**Problem to solve:** Please count the lines in the data below that hold "content" and answer with the number by itself.

** Opening Provided records block **

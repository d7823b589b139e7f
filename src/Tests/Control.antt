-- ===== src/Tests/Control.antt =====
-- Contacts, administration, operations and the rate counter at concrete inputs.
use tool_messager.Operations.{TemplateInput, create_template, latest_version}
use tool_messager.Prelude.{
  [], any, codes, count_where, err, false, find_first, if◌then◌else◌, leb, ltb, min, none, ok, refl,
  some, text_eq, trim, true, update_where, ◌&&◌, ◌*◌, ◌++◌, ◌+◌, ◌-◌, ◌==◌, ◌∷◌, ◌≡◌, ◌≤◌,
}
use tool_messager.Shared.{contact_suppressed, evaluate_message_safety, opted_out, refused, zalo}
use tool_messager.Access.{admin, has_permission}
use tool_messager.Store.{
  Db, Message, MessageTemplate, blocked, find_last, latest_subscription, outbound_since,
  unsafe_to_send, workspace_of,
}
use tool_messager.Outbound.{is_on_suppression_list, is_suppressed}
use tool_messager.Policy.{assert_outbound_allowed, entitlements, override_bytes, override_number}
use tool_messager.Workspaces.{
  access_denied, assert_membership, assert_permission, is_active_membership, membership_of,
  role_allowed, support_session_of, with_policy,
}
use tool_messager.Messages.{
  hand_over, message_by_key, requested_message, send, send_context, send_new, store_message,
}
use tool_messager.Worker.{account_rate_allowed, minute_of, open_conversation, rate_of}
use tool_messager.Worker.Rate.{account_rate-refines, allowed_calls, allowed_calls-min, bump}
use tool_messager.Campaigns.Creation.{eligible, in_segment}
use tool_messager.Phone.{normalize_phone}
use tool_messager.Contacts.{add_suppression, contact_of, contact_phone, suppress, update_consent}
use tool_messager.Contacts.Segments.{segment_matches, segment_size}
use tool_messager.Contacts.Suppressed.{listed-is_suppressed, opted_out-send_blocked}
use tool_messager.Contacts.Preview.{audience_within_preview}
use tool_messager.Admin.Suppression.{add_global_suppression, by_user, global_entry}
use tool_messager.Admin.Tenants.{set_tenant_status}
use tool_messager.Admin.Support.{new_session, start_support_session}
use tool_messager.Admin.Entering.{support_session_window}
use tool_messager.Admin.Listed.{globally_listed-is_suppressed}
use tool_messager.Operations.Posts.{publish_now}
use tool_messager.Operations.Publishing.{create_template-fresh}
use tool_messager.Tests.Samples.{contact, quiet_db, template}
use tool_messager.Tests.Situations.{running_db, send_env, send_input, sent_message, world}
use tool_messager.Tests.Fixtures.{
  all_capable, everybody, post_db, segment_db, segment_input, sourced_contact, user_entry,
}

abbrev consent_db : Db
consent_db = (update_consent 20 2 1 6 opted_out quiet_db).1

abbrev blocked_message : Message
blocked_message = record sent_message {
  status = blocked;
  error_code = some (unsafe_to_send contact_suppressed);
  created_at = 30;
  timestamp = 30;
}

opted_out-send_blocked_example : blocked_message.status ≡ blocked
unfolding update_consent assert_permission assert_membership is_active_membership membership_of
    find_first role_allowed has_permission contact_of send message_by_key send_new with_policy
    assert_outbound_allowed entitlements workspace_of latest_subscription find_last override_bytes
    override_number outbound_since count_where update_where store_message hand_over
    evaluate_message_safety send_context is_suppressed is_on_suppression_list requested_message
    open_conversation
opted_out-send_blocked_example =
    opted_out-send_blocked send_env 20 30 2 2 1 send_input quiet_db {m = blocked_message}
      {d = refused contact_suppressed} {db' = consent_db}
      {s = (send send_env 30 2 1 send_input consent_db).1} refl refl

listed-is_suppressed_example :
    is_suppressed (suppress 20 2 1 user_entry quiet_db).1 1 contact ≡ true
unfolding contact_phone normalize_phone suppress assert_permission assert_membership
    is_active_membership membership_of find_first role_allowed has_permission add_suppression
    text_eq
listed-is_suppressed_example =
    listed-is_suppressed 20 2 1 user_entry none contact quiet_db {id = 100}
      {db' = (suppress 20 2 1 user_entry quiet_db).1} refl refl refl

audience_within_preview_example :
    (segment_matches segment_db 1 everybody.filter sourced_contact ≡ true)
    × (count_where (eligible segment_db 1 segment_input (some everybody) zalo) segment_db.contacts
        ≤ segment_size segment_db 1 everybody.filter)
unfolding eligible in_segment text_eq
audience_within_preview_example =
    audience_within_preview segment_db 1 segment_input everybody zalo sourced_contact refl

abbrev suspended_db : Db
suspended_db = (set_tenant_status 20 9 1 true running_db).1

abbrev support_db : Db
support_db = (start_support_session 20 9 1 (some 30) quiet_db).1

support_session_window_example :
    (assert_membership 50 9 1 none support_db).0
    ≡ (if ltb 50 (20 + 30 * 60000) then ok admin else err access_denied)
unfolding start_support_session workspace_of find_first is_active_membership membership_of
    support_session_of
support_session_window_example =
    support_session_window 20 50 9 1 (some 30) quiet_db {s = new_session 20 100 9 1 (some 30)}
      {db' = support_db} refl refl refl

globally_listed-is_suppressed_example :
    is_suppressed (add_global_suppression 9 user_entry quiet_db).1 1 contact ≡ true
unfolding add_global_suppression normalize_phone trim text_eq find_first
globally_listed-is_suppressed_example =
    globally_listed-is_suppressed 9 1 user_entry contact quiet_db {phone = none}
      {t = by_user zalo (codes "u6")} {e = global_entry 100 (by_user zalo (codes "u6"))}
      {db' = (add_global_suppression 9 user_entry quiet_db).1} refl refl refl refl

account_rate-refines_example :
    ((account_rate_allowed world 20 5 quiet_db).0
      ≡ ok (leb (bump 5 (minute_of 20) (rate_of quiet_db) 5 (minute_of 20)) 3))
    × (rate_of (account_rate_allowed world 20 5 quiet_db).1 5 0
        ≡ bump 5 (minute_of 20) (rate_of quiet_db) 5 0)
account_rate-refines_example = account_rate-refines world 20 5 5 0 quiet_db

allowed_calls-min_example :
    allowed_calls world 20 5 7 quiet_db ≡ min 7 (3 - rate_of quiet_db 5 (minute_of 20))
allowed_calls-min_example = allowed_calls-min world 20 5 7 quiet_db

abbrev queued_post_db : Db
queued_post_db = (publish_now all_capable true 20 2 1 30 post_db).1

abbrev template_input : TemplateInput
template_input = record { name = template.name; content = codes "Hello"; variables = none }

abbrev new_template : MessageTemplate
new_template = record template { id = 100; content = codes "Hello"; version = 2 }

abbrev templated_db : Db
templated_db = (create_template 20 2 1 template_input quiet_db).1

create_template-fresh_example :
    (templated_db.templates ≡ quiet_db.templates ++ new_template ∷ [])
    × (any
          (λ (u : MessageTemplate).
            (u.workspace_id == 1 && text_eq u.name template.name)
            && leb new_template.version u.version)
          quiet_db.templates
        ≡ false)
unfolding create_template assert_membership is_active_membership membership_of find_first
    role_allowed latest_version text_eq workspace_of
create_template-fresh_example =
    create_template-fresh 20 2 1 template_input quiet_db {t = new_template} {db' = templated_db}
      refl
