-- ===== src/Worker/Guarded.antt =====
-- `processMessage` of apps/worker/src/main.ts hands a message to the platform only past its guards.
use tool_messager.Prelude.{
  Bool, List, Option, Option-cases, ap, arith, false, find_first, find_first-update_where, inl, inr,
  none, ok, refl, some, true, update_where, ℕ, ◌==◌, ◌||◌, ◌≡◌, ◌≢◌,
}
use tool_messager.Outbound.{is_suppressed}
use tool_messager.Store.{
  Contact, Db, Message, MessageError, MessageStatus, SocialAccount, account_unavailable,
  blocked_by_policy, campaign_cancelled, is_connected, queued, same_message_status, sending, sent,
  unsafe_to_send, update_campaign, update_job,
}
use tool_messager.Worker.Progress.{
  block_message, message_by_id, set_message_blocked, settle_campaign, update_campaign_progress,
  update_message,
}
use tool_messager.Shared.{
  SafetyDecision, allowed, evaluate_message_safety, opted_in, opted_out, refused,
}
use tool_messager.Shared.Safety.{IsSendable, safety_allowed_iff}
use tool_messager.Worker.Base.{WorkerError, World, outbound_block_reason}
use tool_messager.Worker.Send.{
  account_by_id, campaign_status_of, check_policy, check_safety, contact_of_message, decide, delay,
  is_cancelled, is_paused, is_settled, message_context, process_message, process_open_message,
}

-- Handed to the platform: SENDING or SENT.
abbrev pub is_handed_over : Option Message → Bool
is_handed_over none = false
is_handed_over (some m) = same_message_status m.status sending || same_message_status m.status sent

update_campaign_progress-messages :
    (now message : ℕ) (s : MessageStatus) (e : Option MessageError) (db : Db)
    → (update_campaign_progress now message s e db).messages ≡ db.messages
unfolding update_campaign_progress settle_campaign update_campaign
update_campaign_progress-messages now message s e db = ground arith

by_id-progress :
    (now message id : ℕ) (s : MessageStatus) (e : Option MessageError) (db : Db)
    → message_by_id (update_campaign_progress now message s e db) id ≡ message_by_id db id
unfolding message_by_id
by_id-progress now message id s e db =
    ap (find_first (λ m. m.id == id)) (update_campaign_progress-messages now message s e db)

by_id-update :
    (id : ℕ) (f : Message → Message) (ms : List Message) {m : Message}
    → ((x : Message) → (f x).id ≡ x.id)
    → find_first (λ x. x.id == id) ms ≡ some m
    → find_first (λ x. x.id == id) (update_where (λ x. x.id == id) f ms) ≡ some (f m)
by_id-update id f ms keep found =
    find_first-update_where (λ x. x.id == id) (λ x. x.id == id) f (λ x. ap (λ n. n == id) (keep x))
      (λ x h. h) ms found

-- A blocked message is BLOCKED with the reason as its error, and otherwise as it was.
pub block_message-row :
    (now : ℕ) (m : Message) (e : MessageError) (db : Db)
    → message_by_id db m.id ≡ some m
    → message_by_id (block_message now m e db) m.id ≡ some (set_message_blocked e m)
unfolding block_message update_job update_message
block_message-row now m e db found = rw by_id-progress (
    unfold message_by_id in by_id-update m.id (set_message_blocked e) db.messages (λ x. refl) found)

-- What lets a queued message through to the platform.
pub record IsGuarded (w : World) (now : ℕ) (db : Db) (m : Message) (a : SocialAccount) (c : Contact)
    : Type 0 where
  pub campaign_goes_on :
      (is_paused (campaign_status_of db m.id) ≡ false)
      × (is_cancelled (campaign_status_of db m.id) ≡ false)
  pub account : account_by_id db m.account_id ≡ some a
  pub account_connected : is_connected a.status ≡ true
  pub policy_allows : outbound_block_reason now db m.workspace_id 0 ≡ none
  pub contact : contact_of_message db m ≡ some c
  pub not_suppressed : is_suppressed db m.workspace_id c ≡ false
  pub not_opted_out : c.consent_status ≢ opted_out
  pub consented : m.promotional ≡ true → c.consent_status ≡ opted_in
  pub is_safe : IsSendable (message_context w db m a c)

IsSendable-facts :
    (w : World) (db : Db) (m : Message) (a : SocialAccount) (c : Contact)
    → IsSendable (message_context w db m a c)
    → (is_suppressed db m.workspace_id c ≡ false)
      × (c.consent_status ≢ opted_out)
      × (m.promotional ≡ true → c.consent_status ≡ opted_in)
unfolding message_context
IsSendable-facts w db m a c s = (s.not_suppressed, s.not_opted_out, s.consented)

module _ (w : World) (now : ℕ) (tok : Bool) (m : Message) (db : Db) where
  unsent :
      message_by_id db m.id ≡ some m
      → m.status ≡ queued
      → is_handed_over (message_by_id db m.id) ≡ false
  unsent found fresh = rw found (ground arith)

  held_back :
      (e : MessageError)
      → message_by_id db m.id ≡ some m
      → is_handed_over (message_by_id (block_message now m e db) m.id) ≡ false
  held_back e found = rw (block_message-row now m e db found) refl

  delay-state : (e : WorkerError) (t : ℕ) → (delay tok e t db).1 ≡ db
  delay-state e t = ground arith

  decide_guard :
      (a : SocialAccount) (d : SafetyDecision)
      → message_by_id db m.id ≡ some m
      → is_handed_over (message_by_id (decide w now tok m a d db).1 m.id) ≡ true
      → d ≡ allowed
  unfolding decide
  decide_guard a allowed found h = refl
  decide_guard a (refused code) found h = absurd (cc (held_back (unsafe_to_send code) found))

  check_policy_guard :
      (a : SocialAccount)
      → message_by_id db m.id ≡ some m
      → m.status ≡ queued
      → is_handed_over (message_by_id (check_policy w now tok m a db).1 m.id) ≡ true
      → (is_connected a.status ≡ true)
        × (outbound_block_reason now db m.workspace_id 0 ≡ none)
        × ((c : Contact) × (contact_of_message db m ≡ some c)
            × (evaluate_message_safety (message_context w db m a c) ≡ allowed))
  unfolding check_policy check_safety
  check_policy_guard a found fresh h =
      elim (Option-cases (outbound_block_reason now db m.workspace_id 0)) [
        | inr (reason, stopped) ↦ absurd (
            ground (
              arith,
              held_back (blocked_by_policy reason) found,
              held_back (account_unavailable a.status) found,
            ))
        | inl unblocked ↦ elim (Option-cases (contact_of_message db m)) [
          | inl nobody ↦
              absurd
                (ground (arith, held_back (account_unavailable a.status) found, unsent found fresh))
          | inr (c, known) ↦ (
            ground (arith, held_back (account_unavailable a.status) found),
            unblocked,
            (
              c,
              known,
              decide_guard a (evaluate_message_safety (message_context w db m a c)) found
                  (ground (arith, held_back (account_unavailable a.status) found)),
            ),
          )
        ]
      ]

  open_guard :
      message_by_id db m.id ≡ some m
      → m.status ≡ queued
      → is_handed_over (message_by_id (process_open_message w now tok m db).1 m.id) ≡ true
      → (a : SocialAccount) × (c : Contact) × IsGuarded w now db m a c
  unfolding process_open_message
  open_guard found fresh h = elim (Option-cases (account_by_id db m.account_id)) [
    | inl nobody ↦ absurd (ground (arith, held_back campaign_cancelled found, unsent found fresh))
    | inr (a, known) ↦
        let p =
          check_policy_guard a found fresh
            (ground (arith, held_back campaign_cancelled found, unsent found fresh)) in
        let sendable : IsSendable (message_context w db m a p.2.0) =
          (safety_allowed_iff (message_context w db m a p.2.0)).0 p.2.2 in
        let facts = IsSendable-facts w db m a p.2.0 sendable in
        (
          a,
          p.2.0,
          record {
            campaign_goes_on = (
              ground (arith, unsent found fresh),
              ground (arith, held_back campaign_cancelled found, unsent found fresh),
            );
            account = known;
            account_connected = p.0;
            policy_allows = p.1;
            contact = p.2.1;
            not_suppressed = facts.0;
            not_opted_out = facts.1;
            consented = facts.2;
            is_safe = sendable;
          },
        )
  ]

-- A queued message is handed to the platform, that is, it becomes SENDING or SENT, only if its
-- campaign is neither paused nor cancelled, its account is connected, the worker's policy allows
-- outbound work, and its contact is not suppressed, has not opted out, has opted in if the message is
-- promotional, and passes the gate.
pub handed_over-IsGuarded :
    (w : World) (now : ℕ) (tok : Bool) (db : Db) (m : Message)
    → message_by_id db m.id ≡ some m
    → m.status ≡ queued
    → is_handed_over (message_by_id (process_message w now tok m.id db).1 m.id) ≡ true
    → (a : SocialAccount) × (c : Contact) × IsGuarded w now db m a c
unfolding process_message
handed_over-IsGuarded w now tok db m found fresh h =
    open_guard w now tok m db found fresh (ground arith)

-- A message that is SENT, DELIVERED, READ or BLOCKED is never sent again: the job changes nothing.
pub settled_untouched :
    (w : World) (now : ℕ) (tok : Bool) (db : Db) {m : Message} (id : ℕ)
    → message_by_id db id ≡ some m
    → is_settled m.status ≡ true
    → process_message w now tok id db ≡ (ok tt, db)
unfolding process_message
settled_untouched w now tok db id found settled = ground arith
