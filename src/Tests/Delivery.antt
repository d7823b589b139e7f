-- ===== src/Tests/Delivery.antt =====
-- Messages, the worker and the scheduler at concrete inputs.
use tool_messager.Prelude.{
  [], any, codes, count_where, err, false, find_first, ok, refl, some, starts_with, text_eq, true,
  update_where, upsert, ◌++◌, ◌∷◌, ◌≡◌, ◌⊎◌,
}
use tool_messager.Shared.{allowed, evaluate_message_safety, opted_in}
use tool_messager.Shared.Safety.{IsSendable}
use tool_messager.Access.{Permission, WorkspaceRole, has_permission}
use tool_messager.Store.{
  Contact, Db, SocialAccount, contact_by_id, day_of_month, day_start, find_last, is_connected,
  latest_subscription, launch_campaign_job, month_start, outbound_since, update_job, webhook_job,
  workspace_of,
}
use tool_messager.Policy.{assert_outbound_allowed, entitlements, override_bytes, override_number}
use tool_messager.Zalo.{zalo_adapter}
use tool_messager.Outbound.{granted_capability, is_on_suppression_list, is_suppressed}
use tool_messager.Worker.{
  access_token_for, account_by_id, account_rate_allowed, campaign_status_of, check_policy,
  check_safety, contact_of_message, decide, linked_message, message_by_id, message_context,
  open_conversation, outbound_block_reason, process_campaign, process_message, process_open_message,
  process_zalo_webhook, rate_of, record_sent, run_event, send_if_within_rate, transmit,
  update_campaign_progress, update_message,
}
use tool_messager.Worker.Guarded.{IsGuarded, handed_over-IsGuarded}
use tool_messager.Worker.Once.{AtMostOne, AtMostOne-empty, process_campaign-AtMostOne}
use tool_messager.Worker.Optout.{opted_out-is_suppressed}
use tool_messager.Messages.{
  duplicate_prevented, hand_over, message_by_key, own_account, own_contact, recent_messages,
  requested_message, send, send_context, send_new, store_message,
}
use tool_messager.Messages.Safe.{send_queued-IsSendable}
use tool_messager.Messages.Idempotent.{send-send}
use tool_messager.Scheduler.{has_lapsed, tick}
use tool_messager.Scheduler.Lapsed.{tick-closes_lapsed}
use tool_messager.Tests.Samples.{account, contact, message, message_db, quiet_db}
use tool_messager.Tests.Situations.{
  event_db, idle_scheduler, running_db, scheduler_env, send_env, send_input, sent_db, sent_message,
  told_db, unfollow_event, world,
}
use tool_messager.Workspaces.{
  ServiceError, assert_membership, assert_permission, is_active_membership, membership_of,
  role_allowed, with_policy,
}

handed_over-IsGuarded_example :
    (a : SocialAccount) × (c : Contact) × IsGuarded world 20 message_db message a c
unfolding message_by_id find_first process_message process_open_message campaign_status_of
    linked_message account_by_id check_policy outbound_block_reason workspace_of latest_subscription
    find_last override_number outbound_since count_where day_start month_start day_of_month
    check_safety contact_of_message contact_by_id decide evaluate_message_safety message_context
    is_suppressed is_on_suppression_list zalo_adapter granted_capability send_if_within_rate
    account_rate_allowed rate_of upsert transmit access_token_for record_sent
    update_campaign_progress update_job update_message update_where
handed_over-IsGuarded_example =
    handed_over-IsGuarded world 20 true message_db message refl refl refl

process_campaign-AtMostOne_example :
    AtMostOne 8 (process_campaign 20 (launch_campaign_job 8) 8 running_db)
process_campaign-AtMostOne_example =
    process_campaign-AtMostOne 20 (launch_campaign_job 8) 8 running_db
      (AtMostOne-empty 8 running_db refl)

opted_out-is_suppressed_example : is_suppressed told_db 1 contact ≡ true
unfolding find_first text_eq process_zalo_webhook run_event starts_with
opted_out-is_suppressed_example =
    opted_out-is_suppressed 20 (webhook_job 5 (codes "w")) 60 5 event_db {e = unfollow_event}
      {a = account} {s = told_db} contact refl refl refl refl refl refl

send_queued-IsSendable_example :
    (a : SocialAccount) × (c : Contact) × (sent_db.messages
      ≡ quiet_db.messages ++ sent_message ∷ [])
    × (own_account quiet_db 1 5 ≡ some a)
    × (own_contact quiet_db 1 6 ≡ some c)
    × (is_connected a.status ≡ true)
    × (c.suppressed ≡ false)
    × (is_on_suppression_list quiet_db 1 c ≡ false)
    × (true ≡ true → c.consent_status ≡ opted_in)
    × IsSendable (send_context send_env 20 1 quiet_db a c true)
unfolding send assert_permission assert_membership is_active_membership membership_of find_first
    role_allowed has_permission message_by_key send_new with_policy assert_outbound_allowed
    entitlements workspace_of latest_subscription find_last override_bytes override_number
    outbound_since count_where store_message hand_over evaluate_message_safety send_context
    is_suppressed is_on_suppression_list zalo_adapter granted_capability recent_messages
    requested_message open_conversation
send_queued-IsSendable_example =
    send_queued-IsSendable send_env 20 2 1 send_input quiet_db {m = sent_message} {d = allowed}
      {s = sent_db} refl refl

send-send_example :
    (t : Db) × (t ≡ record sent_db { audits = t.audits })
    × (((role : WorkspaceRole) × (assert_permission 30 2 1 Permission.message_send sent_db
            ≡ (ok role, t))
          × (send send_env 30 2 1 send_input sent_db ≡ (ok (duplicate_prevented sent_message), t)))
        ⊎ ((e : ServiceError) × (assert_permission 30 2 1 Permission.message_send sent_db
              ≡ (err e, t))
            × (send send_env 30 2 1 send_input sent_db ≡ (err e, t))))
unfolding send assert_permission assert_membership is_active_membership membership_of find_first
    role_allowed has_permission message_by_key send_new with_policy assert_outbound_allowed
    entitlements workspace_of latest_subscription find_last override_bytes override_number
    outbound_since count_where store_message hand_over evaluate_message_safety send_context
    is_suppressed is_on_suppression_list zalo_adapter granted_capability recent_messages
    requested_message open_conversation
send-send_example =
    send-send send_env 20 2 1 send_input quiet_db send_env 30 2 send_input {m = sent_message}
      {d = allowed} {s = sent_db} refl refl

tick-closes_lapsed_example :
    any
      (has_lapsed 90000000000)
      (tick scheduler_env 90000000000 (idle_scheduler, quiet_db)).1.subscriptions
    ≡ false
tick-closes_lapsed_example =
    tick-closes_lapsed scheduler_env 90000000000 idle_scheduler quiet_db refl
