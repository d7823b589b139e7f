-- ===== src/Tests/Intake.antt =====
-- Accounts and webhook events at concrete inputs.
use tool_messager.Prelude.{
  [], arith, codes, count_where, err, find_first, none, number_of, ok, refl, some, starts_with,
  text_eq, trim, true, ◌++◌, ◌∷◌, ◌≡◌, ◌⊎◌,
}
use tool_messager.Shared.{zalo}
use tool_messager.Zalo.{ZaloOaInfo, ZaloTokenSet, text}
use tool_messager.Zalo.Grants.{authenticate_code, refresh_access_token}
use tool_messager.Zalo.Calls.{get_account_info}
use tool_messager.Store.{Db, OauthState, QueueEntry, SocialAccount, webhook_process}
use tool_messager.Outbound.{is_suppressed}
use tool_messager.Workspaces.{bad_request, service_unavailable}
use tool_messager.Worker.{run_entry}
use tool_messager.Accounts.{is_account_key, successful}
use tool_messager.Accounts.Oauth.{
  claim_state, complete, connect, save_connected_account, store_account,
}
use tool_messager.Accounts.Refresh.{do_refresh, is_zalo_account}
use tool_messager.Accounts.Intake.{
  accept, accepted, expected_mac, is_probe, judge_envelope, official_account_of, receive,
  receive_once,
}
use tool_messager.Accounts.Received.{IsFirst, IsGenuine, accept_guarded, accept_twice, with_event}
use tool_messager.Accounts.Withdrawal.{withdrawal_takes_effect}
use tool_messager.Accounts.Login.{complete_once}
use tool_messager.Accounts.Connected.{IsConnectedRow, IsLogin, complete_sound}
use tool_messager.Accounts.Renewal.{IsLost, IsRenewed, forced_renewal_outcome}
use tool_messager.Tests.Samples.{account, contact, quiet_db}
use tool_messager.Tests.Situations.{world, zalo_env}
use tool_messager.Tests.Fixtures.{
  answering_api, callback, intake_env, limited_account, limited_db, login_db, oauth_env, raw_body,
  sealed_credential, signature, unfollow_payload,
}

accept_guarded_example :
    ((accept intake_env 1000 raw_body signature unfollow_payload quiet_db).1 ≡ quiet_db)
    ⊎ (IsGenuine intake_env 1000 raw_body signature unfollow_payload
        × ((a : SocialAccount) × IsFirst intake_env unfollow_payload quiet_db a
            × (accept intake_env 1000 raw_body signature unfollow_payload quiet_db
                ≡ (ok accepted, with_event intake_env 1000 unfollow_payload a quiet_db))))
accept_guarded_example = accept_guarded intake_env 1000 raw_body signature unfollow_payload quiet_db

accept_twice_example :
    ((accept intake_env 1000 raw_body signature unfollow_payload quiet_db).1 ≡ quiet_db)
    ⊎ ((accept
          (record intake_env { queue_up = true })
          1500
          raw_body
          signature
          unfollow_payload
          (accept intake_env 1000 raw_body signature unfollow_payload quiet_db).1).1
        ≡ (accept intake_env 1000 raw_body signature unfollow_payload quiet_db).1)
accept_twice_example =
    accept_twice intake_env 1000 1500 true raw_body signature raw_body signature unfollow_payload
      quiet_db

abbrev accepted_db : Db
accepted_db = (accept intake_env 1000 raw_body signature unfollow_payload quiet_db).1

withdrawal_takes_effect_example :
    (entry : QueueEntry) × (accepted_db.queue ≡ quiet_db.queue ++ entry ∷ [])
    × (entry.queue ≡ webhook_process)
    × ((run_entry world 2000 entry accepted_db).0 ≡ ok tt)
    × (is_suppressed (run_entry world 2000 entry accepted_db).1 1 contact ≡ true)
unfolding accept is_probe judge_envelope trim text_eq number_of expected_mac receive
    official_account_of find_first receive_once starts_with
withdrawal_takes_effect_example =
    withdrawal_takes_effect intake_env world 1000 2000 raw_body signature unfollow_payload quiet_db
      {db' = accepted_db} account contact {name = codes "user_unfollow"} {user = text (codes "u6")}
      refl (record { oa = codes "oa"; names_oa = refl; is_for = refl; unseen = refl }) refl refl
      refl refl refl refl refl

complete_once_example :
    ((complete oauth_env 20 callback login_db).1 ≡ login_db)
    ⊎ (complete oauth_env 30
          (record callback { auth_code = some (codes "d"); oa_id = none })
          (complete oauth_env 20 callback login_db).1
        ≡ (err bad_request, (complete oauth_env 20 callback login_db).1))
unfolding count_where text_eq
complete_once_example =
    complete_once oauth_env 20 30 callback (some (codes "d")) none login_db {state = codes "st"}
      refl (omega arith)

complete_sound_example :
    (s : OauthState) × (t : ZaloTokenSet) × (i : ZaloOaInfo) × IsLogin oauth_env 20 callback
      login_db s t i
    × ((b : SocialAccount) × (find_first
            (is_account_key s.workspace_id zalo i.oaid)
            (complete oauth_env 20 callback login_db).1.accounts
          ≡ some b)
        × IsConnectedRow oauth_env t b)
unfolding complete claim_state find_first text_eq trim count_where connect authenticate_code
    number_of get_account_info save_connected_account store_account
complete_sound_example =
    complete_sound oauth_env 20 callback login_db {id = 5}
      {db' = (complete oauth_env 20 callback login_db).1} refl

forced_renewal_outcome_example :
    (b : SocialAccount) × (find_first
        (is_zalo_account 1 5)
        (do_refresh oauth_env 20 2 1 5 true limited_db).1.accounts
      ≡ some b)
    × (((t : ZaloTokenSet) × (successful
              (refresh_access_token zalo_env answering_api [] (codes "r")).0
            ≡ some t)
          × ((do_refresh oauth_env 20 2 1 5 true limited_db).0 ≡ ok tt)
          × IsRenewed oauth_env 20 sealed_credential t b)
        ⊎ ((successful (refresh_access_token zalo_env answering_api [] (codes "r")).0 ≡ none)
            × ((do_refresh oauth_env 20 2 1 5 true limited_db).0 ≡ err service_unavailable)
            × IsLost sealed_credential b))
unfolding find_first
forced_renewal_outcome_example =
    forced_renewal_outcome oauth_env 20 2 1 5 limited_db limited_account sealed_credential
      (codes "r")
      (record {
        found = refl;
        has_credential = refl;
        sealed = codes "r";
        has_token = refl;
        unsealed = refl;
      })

** Closing Provided records block **

**Expected output:** 2